ミュージカルファンはぜひこの映画に注目を。by K. Hattori


 『ヴァージン・スーサイズ』キルスティン・ダンストが主演した“学園ミュージカル”と、あえて断言してしまいたい快作。主人公トーランスは高校のチアリーディング部のキャプテンに選ばれるが、新入部員のミッシーから振り付けがパクリだと言われて大憤慨。トーランス率いるランチョ・カルネ・ハイスクールのチアリーディング部トロスは、その独創的な振り付けと高い技術が評価され、全米大会で5回連続優勝をはたしている名門中の名門なのだ。その「独創的な振り付け」が、よりによってよそからのパクリだなんて! だがそれは事実だった。卒業した先輩キャプテンが、無名だが実力を持った黒人チーム“クロヴァーズ”を偵察し、まるまるその振り付けを盗んでいたのだ。「今までは知らなかったで済ませても、これからはそんな言い逃れはできなよ」とクロヴァーズのメンバーに詰め寄られたトーランスは、プロの振付師を雇って予選大会出場に備える。ところがその振付師というのがとんだ食わせ者で……。

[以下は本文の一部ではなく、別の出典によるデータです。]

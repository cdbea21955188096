-- ===== src/Lobby.antt =====
-- Server/Lobby.cpp: the waiting room.
mod Full
mod Examples
use lh_server.Prelude.{
  ℕ, ◌+◌, Bool, true, false, List, [], ◌∷◌, Option, none, some, ◌==◌, if◌then◌else◌, ℤ, pos, negsuc,
  ◌+ℤ◌, eqb_ℤ, replicate,
}
use lh_server.Monster.{player_at}
use lh_server.World.{World}

-- NOT_JOINED.
abbrev pub not_joined : ℤ
not_joined = negsuc 0

pub record Lobby : Type 0 where
  pub num_users : ℤ
  pub host_id : ℤ
  pub player_id : List ℤ

unfoldable pub new_lobby : Lobby
new_lobby = record { num_users = pos 0; host_id = negsuc 0; player_id = replicate 10 not_joined }

-- for (auto& pid : playerID) if (pid == NOT_JOINED) pid = id;
unfoldable pub fill : ℤ → List ℤ → List ℤ
fill id [] = []
fill id (pid ∷ pids) = (if eqb_ℤ pid not_joined then id else pid) ∷ fill id pids

-- `AddUser`, which returns no value.
unfoldable pub add_user : ℤ → Lobby → Lobby
add_user id lobby = record lobby {
  player_id = fill id lobby.player_id;
  num_users = lobby.num_users +ℤ pos 1;
}

-- `ready` of Lobby_State.
abbrev pub ready : ℤ
ready = pos 5

-- The loop of `IsAllReady`; `none` where a NULL pointer is followed.
unfoldable pub all_ready : World → List ℤ → Option Bool
all_ready w [] = some true
all_ready w (id ∷ ids) =
    let rest : Option Bool = all_ready w ids in
    if eqb_ℤ id not_joined then rest else elim (player_at id w) [
      | none ↦ none
      | some p ↦ if eqb_ℤ p.state ready then rest else some false
    ]

unfoldable pub is_all_ready : Lobby → World → Option Bool
is_all_ready lobby w = all_ready w lobby.player_id
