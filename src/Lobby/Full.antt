-- ===== src/Lobby/Full.antt =====
-- The first user takes the whole lobby.
use lh_server.Prelude.{◌≡◌, false, List, [], ◌∷◌, ℤ, eqb_ℤ, ◌∷◌}
use lh_server.Lobby.{Lobby, not_joined}

-- No slot is free.
abbrev pub AllTaken : List ℤ → Type 0
AllTaken [] = Unit {0}
AllTaken (pid ∷ pids) = (eqb_ℤ pid not_joined ≡ false) × AllTaken pids
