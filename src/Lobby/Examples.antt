-- ===== src/Lobby/Examples.antt =====
-- Two users enter a new lobby.
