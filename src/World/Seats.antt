-- ===== src/World/Seats.antt =====
-- Which slots hold a player with the slot's number for its id.
use lh_server.Prelude.{ℕ, ◌≡◌, ap, sym, ◌∙◌, Option, none, some, ◌==◌, Bool-cases, inl, inr, arith}
use lh_server.World.{World, Player, set_player}

-- The id of the player in a slot.
abbrev pub id_of : Option Player → Option ℕ
id_of none = none
id_of (some p) = some p.id

abbrev pub id_at : (ℕ → Option Player) → ℕ → Option ℕ
id_at players i = id_of (players i)

-- A player who sits in the slot of its id does so still.
abbrev pub Seats : World → World → Type 0
Seats w v = (i : ℕ) → id_at w.players i ≡ some i → id_at v.players i ≡ some i

-- A player is written back with its id.
pub set_player-Seats :
    (me : ℕ) (p q : Player) (w v : World)
    → v.players me ≡ some p
    → q.id ≡ p.id
    → Seats w v
    → Seats w (set_player v me q)
set_player-Seats me p q w v e id k i h = elim (Bool-cases (i == me)) [
  | inl same ↦
      let here : i ≡ me = ground (arith, same) in
      let before : v.players i ≡ some p = ap v.players here ∙ e in
      rw same (ap some id ∙ sym (ap id_of before) ∙ k i h)
  | inr other ↦ rw other (k i h)
]
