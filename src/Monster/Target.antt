-- ===== src/Monster/Target.antt =====
-- The choice of a target: UpdateTarget takes the nearest living player.
use lh_server.Prelude.{ℕ, ◌≡◌, true, List, [], ◌∷◌, Option, ℤ, pos, ◌≤ℤ◌, ◌⊎◌}
use lh_server.World.{World, Player, Monster}
use lh_server.Monster.{dir_at, living}

-- `i` is one of the ids.
abbrev pub IsOneOf : ℕ → List ℕ → Type 0
IsOneOf i [] = ⊥
IsOneOf i (j ∷ js) = (i ≡ j) ⊎ IsOneOf i js

-- The way of the choice: it never moves further off, and it leaves no living player nearer.
pub record Nearest (players : ℕ → Option Player) (dirs : List ℤ) (from : ℤ) (ids : List ℕ) (t : ℤ)
    : Type 0 where
  pub closer : dir_at dirs t ≤ℤ dir_at dirs from
  pub best :
      (i : ℕ)
      → IsOneOf i ids
      → living players i ≡ true
      → pos 0 ≤ℤ dir_at dirs (pos i)
      → dir_at dirs t ≤ℤ dir_at dirs (pos i)
  pub chosen : (t ≡ from) ⊎ ((i : ℕ) × (t ≡ pos i) × IsOneOf i ids × (living players i ≡ true))
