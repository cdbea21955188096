-- ===== src/Monster/States.antt =====
-- Server/state.cpp: what each state of a monster does when its timer fires.
pub mod Schedule
use lh_server.Prelude.{
  ℕ, ◌+◌, Bool, true, false, List, [], ◌∷◌, Option, none, some, ltb, leb, ◌==◌, ◌&&◌, ◌||◌, not,
  if◌then◌else◌, ℤ, pos, negsuc, ltb_ℤ, leb_ℤ, eqb_ℤ, get_or,
}
use lh_server.Physics.{Fpu, Position, get_distance}
use lh_server.World.{
  World, Env, Player, Monster, MonState, m_idle, m_chase, m_attack, m_rhome, m_dead, ev_monster,
  set_monster, with_monster, crash, no_detected, player_ids,
}
use lh_server.World.Timers.{add_timer}
use lh_server.Monster.{change_state, player_at, update_target, chase, monster_attack, living}

-- CHASE_RANGE, ACTIVITY_RANGE 4000'00, IDLE_RANGE.
abbrev pub chase_range : ℤ
chase_range = pos 2000

abbrev pub activity_range : ℤ
activity_range = pos 400000

abbrev pub idle_range : ℤ
idle_range = pos 5

-- AddTimer(mon->GetID(), EV_MONSTER, now + delay, NULL)
unfoldable pub again : Env → ℕ → ℕ → World → World
again env oid delay w =
    with_monster oid w λ m. add_timer m.id ev_monster (env.now + delay) (pos 0) w

abbrev pub nobody_near : ℤ
nobody_near = pos 9_999_999

-- disArray: the distance to each living player who is in reach.
unfoldable pub look_around : Fpu → Position → (ℕ → Option Player) → List ℕ → List ℤ
look_around f at players [] = []
look_around f at players (i ∷ is) =
    elim (players i) [
      | none ↦ nobody_near
      | some p ↦
          let d : ℤ = get_distance f at p.pos in
          if p.is_alive && (leb_ℤ (pos 0) d && ltb_ℤ d chase_range) then d else nobody_near
    ]
    ∷ look_around f at players is

-- chaseID: the first place of the least distance.
unfoldable pub pick : List ℤ → ℕ → List ℕ → ℕ
pick dis best [] = best
pick dis best (i ∷ is) =
    let d : ℤ = get_or dis i nobody_near in
    pick dis
      (if not (eqb_ℤ d no_detected) && (leb_ℤ (pos 0) d && ltb_ℤ d (get_or dis best nobody_near))
        then i
        else best)
      is

-- `Execute` behind the choice of the player `t`, whom it chases, attacks or leaves.
unfoldable pub idle_decide : Env → ℕ → ℕ → Player → World → World
idle_decide env oid t p w = with_monster oid w λ m.
    let aimed : World = set_monster w oid (record m { target = pos t }) in
    let d : ℤ = get_distance env.fpu m.pos p.pos in
    again env oid 1000 (
      if ltb_ℤ d m.atk_range
      then (if ltb_ℤ d (pos 0) then aimed else change_state oid m_attack aimed)
      else if ltb_ℤ activity_range (get_distance env.fpu m.pos m.default_pos)
      then change_state oid m_rhome aimed
      else if ltb_ℤ d chase_range
      then change_state oid m_chase aimed
      else aimed)

-- `IdleState::Execute`. A monster without health enters the dead state, and the call goes on.
unfoldable pub idle_execute : Env → ℕ → World → World
idle_execute env oid w = with_monster oid w λ m.
    let v : World = if leb_ℤ m.health_point (pos 0) then change_state oid m_dead w else w in
    let chase_id : ℕ = pick (look_around env.fpu m.pos w.players player_ids) 0 player_ids in
    elim (w.players chase_id) [
      | none ↦ again env oid 1000 v
      | some p ↦ if p.is_alive then idle_decide env oid chase_id p v else again env oid 1000 v
    ]

-- `ChaseState::Execute` behind UpdateTarget.
unfoldable pub chase_on : Env → ℕ → World → World
chase_on env oid w = with_monster oid w λ m. elim (player_at m.target w) [
  | none ↦ again env oid 1000 w
  | some p ↦
      let gone : World = chase env oid p w in
      with_monster oid gone λ n.
        if ltb_ℤ (get_distance env.fpu n.pos p.pos) n.atk_range
        then again env oid 1000 (change_state oid m_attack gone)
        else again env oid 100 gone
]

unfoldable pub chase_execute : Env → ℕ → World → World
chase_execute env oid w = with_monster oid w λ m.
    if leb_ℤ m.health_point (pos 0)
    then again env oid 1000 (change_state oid m_dead w)
    else chase_on env oid (update_target env oid w)

unfoldable pub attack_on : Env → ℕ → ℕ → Player → World → World
attack_on env oid t p w = with_monster oid w λ m.
    if ltb_ℤ m.atk_range (get_distance env.fpu m.pos p.pos)
    then again env oid 1000 (change_state oid m_chase w)
    else again env oid 3000 w

-- `AttackState::Execute`.
unfoldable pub attack_execute : Env → ℕ → World → World
attack_execute env oid w = with_monster oid w λ m.
    if leb_ℤ m.health_point (pos 0)
    then again env oid 1000 (change_state oid m_dead w)
    else elim m.target [
      | negsuc t ↦ again env oid 1000 (change_state oid m_idle w)
      | pos t ↦ elim (w.players t) [
        | none ↦ again env oid 1000 (change_state oid m_idle w)
        | some p ↦
            if not p.is_alive
            then again env oid 1000 (change_state oid m_idle w)
            else attack_on env oid t p (monster_attack env oid t w)
      ]
    ]

-- `ReturnHomeState::Execute`: three tests in a row, each with its change of state.
unfoldable pub home_execute : Env → ℕ → World → World
home_execute env oid w = with_monster oid w λ m.
    let a : World = if leb_ℤ m.health_point (pos 0) then change_state oid m_dead w else w in
    let b : World =
      if ltb_ℤ (get_distance env.fpu m.pos m.default_pos) idle_range
      then change_state oid m_idle a
      else a in
    let c : World = if ltb_ℤ m.health_point m.prev_health then change_state oid m_chase b else b in
    again env oid 1000 c

-- `CMonster::Update`.
unfoldable pub update : Env → ℕ → World → World
update env oid w = with_monster oid w λ m. elim m.state [
  | m_idle ↦ idle_execute env oid w
  | m_chase ↦ chase_execute env oid w
  | m_attack ↦ attack_execute env oid w
  | m_rhome ↦ home_execute env oid w
  | m_dead ↦ w
]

 アメリカの高校で男子学生の頂点に立つのがフットボールチームの選手だとすれば、女子学生の頂点に立つのがチアリーダーたち。チアリーダーはスポーツ試合の休憩時間に応援(チアー)をリードする添え物として、フットボールやバスケットの試合に欠かせない存在。しかしその技術の真価が発揮されるの専門の競技会があるということを、僕はほとんど知らなかった。確か以前テレビで見たことがあったはずなんだけど、そんなことはこの映画を観るまですっかり忘れていました。(日本のチアリーダーは国際的にもトップクラスの実力の持ち主たちなのです。)チアリーダーは「女の子」というイメージが強いのですが、この映画に登場するトロスは男女混成チーム。そのダイナミックな演技はまるでサーカスを観るようなスリルがあって、思わず手に汗握ります。

 話の流れは典型的なスポ根もの。主人公がチームを懸命に引っ張ろうとするのに、いろいろな事件が起きてチームは低迷、チームワークもがたがた。しかしその困難を乗り越えて、チームはまた頂点目指してがんばる。「今こそ力を合わせる時なのよ!」「エイエイオー!」というわけで、最後はライバルチームと全国大会で一騎打ち。物語はそこに友情や恋がからむという、定番のコースです。映画最大の見どころは、この全国大会での華麗で力強い演技です。これはすごい。僕は今までチアリーダーをちょっと軽く見てましたが、これからは認識を改めます。競技会で解説者が言う言葉が、チアリーディングの姿を端的に現している。曰く「ダンスと器械体操を超ミニで演じる」。これは観ていて面白いに決まっている。もっともここに登場するのは、アメリカでもトップクラスの競技大会という設定なんだけどね。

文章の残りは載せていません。